--- TASK DIRECTIONS ---
Each record should appear again in the response exactly as it does in the original.
= Beginning of Section =
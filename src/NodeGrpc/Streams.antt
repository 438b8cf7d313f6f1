-- ===== src/NodeGrpc/Streams.antt =====
-- nodeGRPC/client.go: the two functions that read a stream.
use go_tari_lib.Common.{ℕ, ◌≡◌, ◌≢◌, refl, false, ◌==◌, arith, Option, List}
use go_tari_lib.Common.Result.{Result, ok, err}
use go_tari_lib.Common.Action.{give, ◌>>=◌}
use go_tari_lib.Grpc.{CallError, Message}
use go_tari_lib.Grpc.Stream.{
  Stream, message, ended, Collects, not_opened, drain, drain-Collects, recv,
}
use go_tari_lib.NodeGrpc.Messages.{HistoricalBlock, BaseNodeClient}
use go_tari_lib.NodeGrpc.Client.{Client, get_block, get_block_by_height, get_network_diff}

-- What is taken from each message.
abbrev pub the_block : HistoricalBlock → Option Message
the_block m = m.block

-- The first message of a stream, or the error that stands in its place.
abbrev pub first_of : Result CallError (Stream Message) → Result CallError Message
first_of (ok (message m stream)) = ok m
first_of (ok (ended e)) = err e
first_of (err e) = err e

module _ {World Conn Ctx : Type 0} (node : BaseNodeClient World Conn Ctx) (background : Ctx)
    (c : Client Conn) where
  blocks_of :
      (r : Result CallError (Stream HistoricalBlock)) (w : World)
      → let out = ((λ s. (r, s)) >>= λ stream. give (drain get_block stream)) w in
        Collects the_block r out.0 × (out.1 ≡ w)
  blocks_of (ok stream) w = (drain-Collects the_block stream, refl)
  blocks_of (err e) w = (not_opened e, refl)

  difficulty_of :
      (r : Result CallError (Stream Message)) (w : World)
      → ((λ s. (r, s)) >>= λ stream. give (recv stream)) w ≡ (first_of r, w)
  difficulty_of (ok (message m stream)) w = refl
  difficulty_of (ok (ended e)) w = refl
  difficulty_of (err e) w = refl

  -- For some heights: the block of each message of the stream, in their order, if the stream was opened and ended
  -- cleanly, and else the error and no block. The difficulty is the first message of the stream, or the
  -- error in its place: for height 0 the stream of the one block at the tip, and for any other height the
  -- stream from this height to this height.
  pub streamed_replies :
      (block_ids : List ℕ) (height : ℕ) (w : World)
      → height ≢ 0
      → let (blocks, w1) = node.get_blocks c.conn background block_ids 16777216 w in
        let (tip, w2) =
          node.get_network_difficulty c.conn background
            (record { from_tip = 1; start_height = 0; end_height = 0 })
            w in
        let (one, w3) =
          node.get_network_difficulty c.conn background
            (record { from_tip = 0; start_height = height; end_height = height })
            w in
        Collects the_block blocks (get_block_by_height node background c block_ids w).0
        × ((get_block_by_height node background c block_ids w).1 ≡ w1)
        × (get_network_diff node background c 0 w ≡ (first_of tip, w2))
        × (get_network_diff node background c height w ≡ (first_of one, w3))
  unfolding get_block_by_height get_network_diff
  streamed_replies block_ids height w h = (
    (let (r, w') = node.get_blocks c.conn background block_ids 16777216 w in
        let (collects, same) = blocks_of r w' in collects),
    (let (r, w') = node.get_blocks c.conn background block_ids 16777216 w in
        let (collects, same) = blocks_of r w' in same),
    (let (r, w') =
          node.get_network_difficulty c.conn background
            (record { from_tip = 1; start_height = 0; end_height = 0 }) w in
        difficulty_of r w'),
    rw other (
        let (r, w') =
          node.get_network_difficulty c.conn background
            (record { from_tip = 0; start_height = height; end_height = height }) w in
        difficulty_of r w'),
  )
    where
      other : (height == 0) ≡ false
      other = ground arith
= End of Section =
--- SOLUTION TO THIS TASK ---
filename src/NodeGrpc/Streams.antt
repository 438b8cf7d313f6f1
-- ===== src/NodeGrpc/Streams.antt =====
-- nodeGRPC/client.go: the two functions that read a stream.
use go_tari_lib.Common.{ℕ, ◌≡◌, ◌≢◌, refl, false, ◌==◌, arith, Option, List}
use go_tari_lib.Common.Result.{Result, ok, err}
use go_tari_lib.Common.Action.{give, ◌>>=◌}
use go_tari_lib.Grpc.{CallError, Message}
use go_tari_lib.Grpc.Stream.{
  Stream, message, ended, Collects, not_opened, drain, drain-Collects, recv,
}
use go_tari_lib.NodeGrpc.Messages.{HistoricalBlock, BaseNodeClient}
use go_tari_lib.NodeGrpc.Client.{Client, get_block, get_block_by_height, get_network_diff}

-- What is taken from each message.
abbrev pub the_block : HistoricalBlock → Option Message
the_block m = m.block

-- The first message of a stream, or the error that stands in its place.
abbrev pub first_of : Result CallError (Stream Message) → Result CallError Message
first_of (ok (message m stream)) = ok m
first_of (ok (ended e)) = err e
first_of (err e) = err e

module _ {World Conn Ctx : Type 0} (node : BaseNodeClient World Conn Ctx) (background : Ctx)
    (c : Client Conn) where
  blocks_of :
      (r : Result CallError (Stream HistoricalBlock)) (w : World)
      → let out = ((λ s. (r, s)) >>= λ stream. give (drain get_block stream)) w in
        Collects the_block r out.0 × (out.1 ≡ w)
  blocks_of (ok stream) w = (drain-Collects the_block stream, refl)
  blocks_of (err e) w = (not_opened e, refl)

  difficulty_of :
      (r : Result CallError (Stream Message)) (w : World)
      → ((λ s. (r, s)) >>= λ stream. give (recv stream)) w ≡ (first_of r, w)
  difficulty_of (ok (message m stream)) w = refl
  difficulty_of (ok (ended e)) w = refl
  difficulty_of (err e) w = refl

  -- For some heights: the block of each message of the stream, in their order, if the stream was opened and ended
  -- cleanly, and else the error and no block. The difficulty is the first message of the stream, or the
  -- error in its place: for height 0 the stream of the one block at the tip, and for any other height the
  -- stream from this height to this height.
  pub streamed_replies :
      (block_ids : List ℕ) (height : ℕ) (w : World)
      → height ≢ 0
      → let (blocks, w1) = node.get_blocks c.conn background block_ids 16777216 w in
        let (tip, w2) =
          node.get_network_difficulty c.conn background
            (record { from_tip = 1; start_height = 0; end_height = 0 })
            w in
        let (one, w3) =
          node.get_network_difficulty c.conn background
            (record { from_tip = 0; start_height = height; end_height = height })
            w in
        Collects the_block blocks (get_block_by_height node background c block_ids w).0
        × ((get_block_by_height node background c block_ids w).1 ≡ w1)
        × (get_network_diff node background c 0 w ≡ (first_of tip, w2))
        × (get_network_diff node background c height w ≡ (first_of one, w3))
  unfolding get_block_by_height get_network_diff
  streamed_replies block_ids height w h = (
    (let (r, w') = node.get_blocks c.conn background block_ids 16777216 w in
        let (collects, same) = blocks_of r w' in collects),
    (let (r, w') = node.get_blocks c.conn background block_ids 16777216 w in
        let (collects, same) = blocks_of r w' in same),
    (let (r, w') =
          node.get_network_difficulty c.conn background
            (record { from_tip = 1; start_height = 0; end_height = 0 }) w in
        difficulty_of r w'),
    rw other (
        let (r, w') =
          node.get_network_difficulty c.conn background
            (record { from_tip = 0; start_height = height; end_height = height }) w in
        difficulty_of r w'),
  )
    where
      other : (height == 0) ≡ false
      other = ground arith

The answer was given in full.